Abstract

By selecting appropriate micro-mechanical parameter values through a trial and error procedure, the computer code PFC3D was used to study the macro-mechanical behavior of jointed blocks having multi-non-persistent joints with high joint density under uniaxial loading. The focus was to study the effect of joint orientation, size and joint mechanical properties on jointed block strength, deformability, stress–strain relation and failure modes at the jointed block level. Both the uniaxial compressive strength of the block, UCSB, and block deformability modulus, DMB, were found to depend heavily on the joint dip angle, β, and joint continuity factor, k. The joint particle stiffness was found to play a minor to a significant role on UCSB depending on β and k values. The joint particle stiffness was found to play a negligible to a moderate role on DMB depending on β and k values.
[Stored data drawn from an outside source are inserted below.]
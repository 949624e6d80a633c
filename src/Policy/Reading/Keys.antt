-- ===== src/Policy/Reading/Keys.antt =====
-- internal/policy/document.go: the keys of a document that was parsed.
use hydrascale.Common.{
  true, false, List, [], ◌∷◌, Text, text_eq, mem, nodup, ◌≡◌, refl, inl, inr, Bool-cases,
  Result-cases, ok, arith, ==_iff, ap, sym, ◌∙◌, map, All-mem_self,
}
use hydrascale.Policy.Tree.{
  HuJson, Value, Content, object, Members, no_members, member, member_name,
}
use hydrascale.Policy.Reading
use hydrascale.Policy.Reading.{ParseError}
use hydrascale.Policy.Change.{Change, names, section_of, apply_changes}
use hydrascale.Policy.Change.Kept.{apply_changes-IsKept}

module _ (hu : HuJson) where
  reject_names-fresh :
      (text : Text) (seen : List Text) (ms : Members)
      → Reading.reject_names hu text seen ms ≡ ok tt
      → (nodup (names hu ms) ≡ true)
        × ((a : Text) → mem a seen ≡ true → mem a (names hu ms) ≡ false)
  unfolding Reading.reject_names names
  reject_names-fresh text seen no_members h = (refl, λ a m. refl)
  reject_names-fresh text seen (member n b c a rest) h =
      elim (Bool-cases (mem (member_name hu n) seen)) [
        | inl held ↦ absurd (ground (arith, h, held))
        | inr new ↦
            let (distinct, fresh) =
              reject_names-fresh text (member_name hu n ∷ seen) rest (ground (arith, h, new)) in
            (
              ground (
                arith,
                distinct,
                fresh (member_name hu n),
                ==_iff (member_name hu n) (member_name hu n),
              ),
              λ x m. ground (arith, fresh x, m, new, ==_iff (member_name hu n) x),
            )
      ]

  reject_object :
      (text : Text) (ms : Members) (extra : Text) (root : Content) {done : Unit {0}}
      → root ≡ object ms extra
      → Reading.reject_duplicate_top_level_keys hu text root ≡ ok done
      → Reading.reject_names hu text [] ms ≡ ok tt
  unfolding Reading.reject_duplicate_top_level_keys
  reject_object text ms extra root e h =
      sym (ap (Reading.reject_duplicate_top_level_keys hu text) e) ∙ h

  parse-nodup :
      (text : Text) (root : Value) (ms : Members) (extra : Text)
      → Reading.parse hu text ≡ ok root
      → root.content ≡ object ms extra
      → nodup (names hu ms) ≡ true
  unfolding Reading.parse Reading.reject_duplicate_top_level_keys
  parse-nodup text root ms extra h e = elim (Result-cases (hu.parse text)) [
    | inr (failure, bad) ↦ absurd (ground (arith, h, bad))
    | inl (tree, good) ↦
        elim (Result-cases (Reading.reject_duplicate_top_level_keys hu text tree.content)) [
          | inr (failure, twice) ↦ absurd (ground (arith, h, good, twice))
          | inl (done, once) ↦
              let same : tree ≡ root = ground (arith, h, good, once) in
              (reject_names-fresh text [] ms (
                reject_object text ms extra tree.content (ap (λ (x : Value). x.content) same ∙ e)
                  once)).0
        ]
  ]

  -- A policy document that Parse accepts holds no top-level key twice, and none after any session
  -- of edits on it, whether they fail or not.
  pub parse-apply_changes-nodup :
      (text : Text) (root : Value) (ms : Members) (extra : Text) (changes : List Change)
      → Reading.parse hu text ≡ ok root
      → root.content ≡ object ms extra
      → (after : Members) × (apply_changes hu changes root.content ≡ object after extra)
        × (nodup (names hu after) ≡ true)
  parse-apply_changes-nodup text root ms extra changes h e =
      let (after, done, kept, distinct) =
        apply_changes-IsKept hu (map section_of changes) changes ms extra
          (All-mem_self (map section_of changes)) in
      (after, rw e done, distinct (parse-nodup text root ms extra h e))
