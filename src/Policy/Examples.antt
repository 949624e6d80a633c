-- ===== src/Policy/Examples.antt =====
-- A small policy document, its edits, and the theorems on it.
use hydrascale.Policy.Change.Undone.{array_at}
use hydrascale.Policy.Document.{replace_entry}
use hydrascale.Common.{cut_last}
use hydrascale.Common.{take}
use hydrascale.Policy.Sections.{rename_map_entry}
use hydrascale.Policy.Tree.{count}
use hydrascale.Policy.Document.{position}
use hydrascale.Common.{same_text}
use hydrascale.Policy.Document.{change_section}
use hydrascale.Policy.Tree.{member_name}
use hydrascale.Common.{
  true, none, some, List, [], ◌∷◌, Text, txt, ◌≡◌, refl, Result, ok, err, eqb, if◌then◌else◌, nodup,
  map, text_eq,
}
use hydrascale.Config.{pos, negsuc}
use hydrascale.Policy.Tree.{
  HuJson, Value, Content, object, array, literal, Name, Members, no_members, member, Elements,
  no_elements, element,
}
use hydrascale.Policy.Document.{no_section, out_of_range, add_entry, remove_entry}
use hydrascale.Policy.Reading.{parse, line_column}
use hydrascale.Policy.Change.{
  Change, add, remove, replace, add_map, rename_map, set_exit, apply_change, apply_changes, names,
  section_of, without,
}
use hydrascale.Policy.Change.Kept.{apply_changes-kept}
use hydrascale.Policy.Change.Failed.{apply_change_failed}
use hydrascale.Policy.Change.Undone.{remove_entry-add_entry}
use hydrascale.Policy.Reading.Keys.{parse-apply_changes-nodup}

abbrev name_of : Text → Name
name_of key = record { before = txt "  "; start = 0; quoted = 34 ∷ key; after = none }

abbrev one_rule : Elements
one_rule = element (txt " ") (literal (txt "rule")) none no_elements

-- Two sections, a list and a map.
abbrev two_sections : Members
two_sections =
    member (name_of (txt "acls")) (txt " ") (array one_rule []) none
      (member (name_of (txt "groups")) (txt " ") (object no_members []) none no_members)

-- A parser that reads a text with a brace as that document, and each other text as a literal.
abbrev parse_small : Text → Result Text Value
parse_small [] = err (txt "no value")
parse_small (c ∷ text) =
    if eqb c 123
    then ok (record { before = []; content = object two_sections []; after = none })
    else ok (record { before = []; content = literal (c ∷ text); after = none })

abbrev without_mark : Text → Text
without_mark [] = []
without_mark (c ∷ text) = text

abbrev small : HuJson
small = record {
  parse = parse_small;
  list_value = λ l. ok (literal (txt "[]"));
  quote = λ s. 34 ∷ s;
  unquote = without_mark;
  unquote_quote = λ s. refl;
}

abbrev session : List Change
session =
    add (txt "ssh") (txt "new")
    ∷ add_map (txt "groups") (txt "g") (txt "m")
    ∷ remove (txt "acls") (pos 4)
    ∷ set_exit (txt "a" ∷ [])
    ∷ []

policy_tests :
    (names small two_sections ≡ txt "acls" ∷ txt "groups" ∷ [])
    × ((apply_change small (remove (txt "acls") (negsuc 0)) (object two_sections [])).1
        ≡ some (out_of_range (negsuc 0) (txt "acls") 1))
    × ((apply_change small
          (rename_map (txt "hosts") (txt "a") (txt "b"))
          (object two_sections [])).1
        ≡ some (no_section (txt "hosts")))
    × (line_column (txt "ab") 1 ≡ (1, 2))
unfolding names member_name apply_change remove_entry change_section same_text position count
    rename_map_entry line_column take cut_last
policy_tests = (refl, refl, refl, refl)

apply_changes-kept_example :
    (after : Members) × (apply_changes small session (object two_sections []) ≡ object after [])
    × (without small (map section_of session) after
        ≡ without small (map section_of session) two_sections)
apply_changes-kept_example = apply_changes-kept small session two_sections []

apply_change_failed_example : object two_sections [] ≡ object two_sections []
unfolding apply_change replace_entry change_section same_text member_name position count
apply_change_failed_example =
    apply_change_failed small (λ l. (literal (txt "[]"), refl))
      (replace (txt "acls") (pos 1) (txt "x")) (object two_sections []) (object two_sections [])
      (out_of_range (pos 1) (txt "acls") 1) refl

parse-apply_changes-nodup_example :
    (after : Members) × (apply_changes small session (object two_sections []) ≡ object after [])
    × (nodup (names small after) ≡ true)
unfolding parse same_text
parse-apply_changes-nodup_example =
    parse-apply_changes-nodup small (txt "{}")
      (record { before = []; content = object two_sections []; after = none }) two_sections []
      session refl refl

abbrev one_more_rule : Content
one_more_rule = (add_entry small (txt "acls") (txt "x") (object two_sections [])).0

remove_entry-add_entry_example :
    remove_entry small (txt "acls") (pos 1) one_more_rule ≡ (object two_sections [], none)
unfolding add_entry array_at same_text member_name change_section count
remove_entry-add_entry_example =
    remove_entry-add_entry small (txt "acls") (txt "x") two_sections [] one_rule one_more_rule refl
      refl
The jointed blocks produced three types of stress–strain curves labeled as Type I through Type III. A relation seems to exist as explained in Section 4 of the paper between the types of curves and β and k values. The dominance of tensile failures over the shear failures was observed for all three types of curves based on the micro-mechanical parameter values used in the paper. The UCSB, rate of bond failures and the number of bond breakages were found to decrease as the curve type moves from Type I to Type III through Type II. The jointed blocks resulted in 4 failure modes as follows: (1) splitting failure; (2) plane failure; (3) stepped path and (4) intact material failure. The main features of each failure mode and possible relations between the failure modes, UCSB and β and k values are given in Section 5 of the paper.